- **What you are asked to do**:
Quote the records below word for word, please, from the very first line through the one that contains "result_in j (p ∷ []) ≡ 0", and nothing beyond it.

═══ Listed records ═══

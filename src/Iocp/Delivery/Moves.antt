-- ===== src/Iocp/Delivery/Moves.antt =====
-- An initiating function returns, a thread claims an operation, and the list of completed operations is posted.
use jnet_lib.Base.{
  ℕ, zero, suc, ◌+◌, ◌-◌, ◌^◌, ◌%◌, ◌<◌, ◌≡◌, inl, inr, refl, sym, ap, ap₂, ◌∙◌, subst, Bool, true,
  false, Bool-cases, Option, none, some, List, [], ◌∷◌, ◌++◌, update, ◌==◌, if◌then◌else◌, arith,
}
use jnet_lib.Iocp.{
  Result, Packet, contains_result, interrupt, Service, post_packet, post_deferred_completions,
  on_pending, stop, work_finished, acquire_dispatch, claim, flag_ready, end_overlapped,
}
use jnet_lib.Iocp.Delivery.{
  bit, fresh_in, result_in, count, fresh_in-append, result_in-append, count-append, view, IsSound,
  is_complete, in_kernel, is_taken, is_caught, waits,
}
use jnet_lib.Iocp.Delivery.Post.{==_same, post_packet-other, post_packet-waits}
use jnet_lib.Iocp.Delivery.Begin.{AllSound, at_each}

-- A packet without an operation concerns none.
pub quiet_append :
    (s : Service) (j : ℕ) (p : Packet)
    → fresh_in j (p ∷ []) ≡ 0
    → result_in j (p ∷ []) ≡ 0
    → view (record s { port = s.port ++ (p ∷ []) }) j ≡ view s j
quiet_append s j p f r =
    ap₂ (λ n m. record (view s j) { fresh = n; results = m })
      (omega (arith, f, fresh_in-append j s.port (p ∷ [])))
      (omega (arith, r, result_in-append j s.port (p ∷ [])))

pub end_overlapped-AllSound :
    (ok : Bool) (k : ℕ) (s : Service)
    → s.starting k ≡ true
    → AllSound s
    → AllSound (end_overlapped ok k s)
unfolding end_overlapped on_pending
end_overlapped-AllSound ok k s e h = at_each s (end_overlapped ok k s) k (own (h k)) other h
  where
    s' : Service
    s' = record s { starting = update s.starting k false }

    by_ready :
        (b : Bool)
        → s.ready k ≡ b
        → IsSound (view (if b then post_packet ok k s' else flag_ready k s') k)
        → IsSound (view (end_overlapped ok k s) k)
    by_ready b d x =
        subst (λ b. IsSound (view (if b then post_packet ok k s' else flag_ready k s') k)) (sym d) x

    own : IsSound (view s k) → IsSound (view (end_overlapped ok k s) k)
    own (is_complete a f c l u) = absurd (ground (arith, a, e))
    own (in_kernel a f c l u) =
        by_ready false (ground (arith, a, e)) (rw (==_same k) (in_kernel refl f c l u))
    own (is_taken a f c l d u) =
        by_ready false (ground (arith, a, e)) (rw (==_same k) (is_taken refl f c l d u))
    own (is_caught a b f c l d u) =
        by_ready true b (post_packet-waits ok k s' (rw (==_same k) refl) b f c l d u)
    own (waits a b f c l d u) = absurd (ground (arith, a, e))

    other : (j : ℕ) → (j == k) ≡ false → view (end_overlapped ok k s) j ≡ view s j
    other j d = elim (Bool-cases (s.ready k)) [
      | inl q ↦ rw q (post_packet-other j k d ok s' ∙ rw d refl)
      | inr q ↦ rw (q, d) refl
    ]

pub claim-AllSound :
    (k : ℕ) (r : Result) (rest : List Result) (s : Service)
    → s.held k ≡ r ∷ rest
    → AllSound s
    → AllSound (claim k r rest s)
unfolding claim
claim-AllSound k r rest s e h = at_each s (claim k r rest s) k (own (h k)) other h
  where
    dispatched : Service
    dispatched = record s {
      held = update s.held k rest;
      completed = update s.completed k (s.completed k ++ (r ∷ []));
      finishing = s.finishing + 1;
    }

    missed : Service
    missed = record s { held = update s.held k rest; ready = update s.ready k true }

    by_ready :
        (b : Bool)
        → s.ready k ≡ b
        → IsSound (view (if b then dispatched else missed) k)
        → IsSound (view (claim k r rest s) k)
    by_ready b d x = subst (λ b. IsSound (view (if b then dispatched else missed) k)) (sym d) x

    own : IsSound (view s k) → IsSound (view (claim k r rest s) k)
    own (is_complete a f c l u) = absurd (cc (e, l))
    own (in_kernel a f c l u) = absurd (cc (e, l))
    own (is_taken a f c l d u) = elim (Bool-cases (s.ready k)) [
      | inl q ↦ by_ready true q (
          rw (==_same k) (
            is_complete (ground (arith, a, q)) f c (cc (e, l))
              (u ∙ ap (λ x. s.completed k ++ (x ∷ [])) (cc (e, l)))))
      | inr q ↦
          by_ready false q
            (rw (==_same k) (is_caught (ground (arith, a, q)) refl f c (cc (e, l)) d u))
    ]
    own (is_caught a b f c l d u) = absurd (cc (e, l))
    own (waits a b f c l d u) = absurd (cc (e, l))

    other : (j : ℕ) → (j == k) ≡ false → view (claim k r rest s) j ≡ view s j
    other j d = elim (Bool-cases (s.ready k)) [ inl q ↦ rw (q, d) refl | inr q ↦ rw (q, d) refl ]

pub stop-view : (error : Option ℕ) (s : Service) (j : ℕ) → view (stop error s).0 j ≡ view s j
unfolding stop
stop-view none s j = elim (Bool-cases s.stopped) [
  | inl d ↦ rw d refl
  | inr d ↦ rw d (quiet_append s j interrupt refl refl)
]
stop-view (some e) s j = elim (Bool-cases s.stopped) [ inl d ↦ rw d refl | inr d ↦ rw d refl ]

pub work_finished-view :
    (error : Option ℕ) (s : Service) (j : ℕ) → view (work_finished error s) j ≡ view s j
unfolding work_finished
work_finished-view error s j = elim (Bool-cases ((s.outstanding_work + 2 ^ 32 - 1) % 2 ^ 32 == 0)) [
  | inl d ↦ rw d (
      stop-view error (record s { outstanding_work = (s.outstanding_work + 2 ^ 32 - 1) % 2 ^ 32 })
        j)
  | inr d ↦ rw d refl
]

pub acquire_dispatch-view : (s : Service) (j : ℕ) → view (acquire_dispatch s) j ≡ view s j
unfolding acquire_dispatch
acquire_dispatch-view s j = elim (Bool-cases s.dispatch_required) [
  | inl d ↦ rw d refl
  | inr d ↦ rw d refl
]

still_ready :
    (j k : ℕ) (ks : List ℕ) (s : Service)
    → (0 < count j (k ∷ ks) → s.ready j ≡ true)
    → update s.ready k true j ≡ s.ready j
still_ready j k ks s h = elim (Bool-cases (j == k)) [
  | inl d ↦ rw d (sym (h (omega (arith, ap bit d))))
  | inr d ↦ rw d refl
]

-- Operations that are ready go from the list to the port, or back into the list.
pub post_deferred_completions-view :
    (n : ℕ) (ks : List ℕ) (s : Service) (j : ℕ)
    → (0 < count j ks → s.ready j ≡ true)
    → view (post_deferred_completions n ks s) j
      ≡ record (view s j) { results = (view s j).results + count j ks }
unfolding post_deferred_completions
post_deferred_completions-view n [] s j h =
    ap (λ n. record (view s j) { results = n }) (omega arith)
post_deferred_completions-view zero (k ∷ ks) s j h =
    ap₂ (λ b n. record (view s j) { ready = b; results = n }) (still_ready j k ks s h)
      (omega (arith, count-append j s.completed_ops (k ∷ ks)))
post_deferred_completions-view (suc n) (k ∷ ks) s j h =
    post_deferred_completions-view n ks
      (record s { ready = update s.ready k true; port = s.port ++ (contains_result k ∷ []) }) j
      (λ l. still_ready j k ks s h ∙ h (omega (arith, l)))
    ∙ (λ i. record (view s j) {
      ready = still_ready j k ks s h i;
      fresh = fresh_kept i;
      results = results_moved i;
    })
  where
    s' : Service
    s' = record s { port = s.port ++ (contains_result k ∷ []) }

    fresh_kept : (view s' j).fresh ≡ (view s j).fresh
    fresh_kept = omega (arith, fresh_in-append j s.port (contains_result k ∷ []))

    results_moved : (view s' j).results + count j ks ≡ (view s j).results + count j (k ∷ ks)
    results_moved = omega (arith, result_in-append j s.port (contains_result k ∷ []))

═══

- **Exercise answer**:
filename src/Iocp/Delivery/Moves.antt
-- ===== src/Iocp/Delivery/Moves.antt =====
-- An initiating function returns, a thread claims an operation, and the list of completed operations is posted.
use jnet_lib.Base.{
  ℕ, zero, suc, ◌+◌, ◌-◌, ◌^◌, ◌%◌, ◌<◌, ◌≡◌, inl, inr, refl, sym, ap, ap₂, ◌∙◌, subst, Bool, true,
  false, Bool-cases, Option, none, some, List, [], ◌∷◌, ◌++◌, update, ◌==◌, if◌then◌else◌, arith,
}
use jnet_lib.Iocp.{
  Result, Packet, contains_result, interrupt, Service, post_packet, post_deferred_completions,
  on_pending, stop, work_finished, acquire_dispatch, claim, flag_ready, end_overlapped,
}
use jnet_lib.Iocp.Delivery.{
  bit, fresh_in, result_in, count, fresh_in-append, result_in-append, count-append, view, IsSound,
  is_complete, in_kernel, is_taken, is_caught, waits,
}
use jnet_lib.Iocp.Delivery.Post.{==_same, post_packet-other, post_packet-waits}
use jnet_lib.Iocp.Delivery.Begin.{AllSound, at_each}

-- A packet without an operation concerns none.
pub quiet_append :
    (s : Service) (j : ℕ) (p : Packet)
    → fresh_in j (p ∷ []) ≡ 0
    → result_in j (p ∷ []) ≡ 0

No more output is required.